Viscosity of aqueous ammonium nitrate–organic particles: Equilibrium partitioning may be a reasonable assumption for most tropospheric conditions

Abstract. The viscosity of aerosol particles determines the critical mixing time of gas–particle partitioning of volatile compounds in the atmosphere. The partitioning of the semi-volatile ammonium nitrate (NH₄NO₃) might alter the viscosity of highly viscous secondary organic aerosol particles during their lifetime. In contrast to the viscosity of organic particles, data on the viscosity of internally mixed inorganic–organic aerosol particles are scarce. We determined the viscosity of an aqueous ternary inorganic–organic system consisting of NH₄NO₃ and a proxy compound for a highly viscous organic, sucrose. Three techniques were applied to cover the atmospherically relevant humidity range: viscometry, fluorescence recovery after photobleaching, and the poke-flow technique. We show that the viscosities of NH₄NO₃–sucrose–H₂O with an organic to inorganic dry mass ratio of 4:1 are four orders of magnitude lower than those of the aqueous sucrose under low humidity conditions (30 % relative humidity (RH), 293 K). By comparing viscosity predictions of mixing rules with those of the AIOMFAC-VISC model, we found that a mixing rule based on mole fractions performs similarly when data from corresponding binary aqueous subsystems are available.
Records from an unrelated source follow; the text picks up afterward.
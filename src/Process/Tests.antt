-- ===== src/Process/Tests.antt =====
-- A run of src/kernel/process.c, and its theorems at it.
use coffee_os_aurora_refresh.Base.{ℕ, ◌+◌, ◌*◌, ◌<◌, ◌≡◌, ◌⊎◌, refl, some, none, [], ◌∷◌, arith}
use coffee_os_aurora_refresh.Pmm.Sample.{one_free}
use coffee_os_aurora_refresh.Process.{Processes, process_max, process_init, process_create}
use coffee_os_aurora_refresh.Process.Table.{
  create, switch_to, switch_to_kernel, mark_exited, run, Numbered, run-Numbered, Alive, Ended,
  Created, process_create-Outcome,
}

abbrev booted : Processes
booted =
    process_init
      (record {
        pmm = one_free;
        frames = λ q i. 0;
        current_pd_phys = 0x1000;
        kernel_pd_phys = 0x1000;
      })
      0x7000 0x9000

abbrev stacks : ℕ → ℕ
stacks i = 0x10000 + i * 0x2000

booted-Numbered : Numbered booted
unfolding process_init
booted-Numbered = record {
  next = omega arith;
  below = λ i. omega arith;
  apart = λ i j h k. absurd (k refl);
}

run-Numbered_example : Numbered (
    run stacks booted (
      create 0x2000 0x400000 0x800000
      ∷ switch_to (some 0)
      ∷ mark_exited (some 0) 3
      ∷ switch_to_kernel
      ∷ create 0x3000 0x400000 0x800000
      ∷ []))
unfolding process_init
run-Numbered_example =
    run-Numbered stacks booted
      (create 0x2000 0x400000 0x800000
        ∷ switch_to (some 0)
        ∷ mark_exited (some 0) 3
        ∷ switch_to_kernel
        ∷ create 0x3000 0x400000 0x800000
        ∷ [])
      (omega arith) booted-Numbered

process_create-Outcome_example :
    ((process_create stacks booted 0x2000 0x400000 0x800000 ≡ (none, booted))
      × ((j : ℕ) → j < process_max → Alive (booted.process_table j).state))
    ⊎ ((i : ℕ) × (i < process_max)
        × Ended (booted.process_table i).state
        × ((j : ℕ) → j < i → Alive (booted.process_table j).state)
        × ((process_create stacks booted 0x2000 0x400000 0x800000).0 ≡ some i)
        × Created stacks booted
            (process_create stacks booted 0x2000 0x400000 0x800000).1
            i
            0x2000
            0x400000
            0x800000)
process_create-Outcome_example =
    process_create-Outcome stacks booted 0x2000 0x400000 0x800000 (omega arith) (omega arith)
      (omega arith)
Applying this mixing rule, we estimated the characteristic internal mixing time of aerosol particles, indicating significantly faster mixing for inorganic—organic mixtures compared to electrolyte-free particles, especially at lower RH’s. Hence, the assumption in global atmospheric chemistry models of quasi-instantaneous equilibrium gas–particle partitioning is reasonable for internally mixed single-phase particles containing dissolved electrolytes (but not necessarily for phase-separated particles), for most conditions in the planetary boundary layer. This assumption may even hold for the entire troposphere at mid-latitudes and RH > 35 %.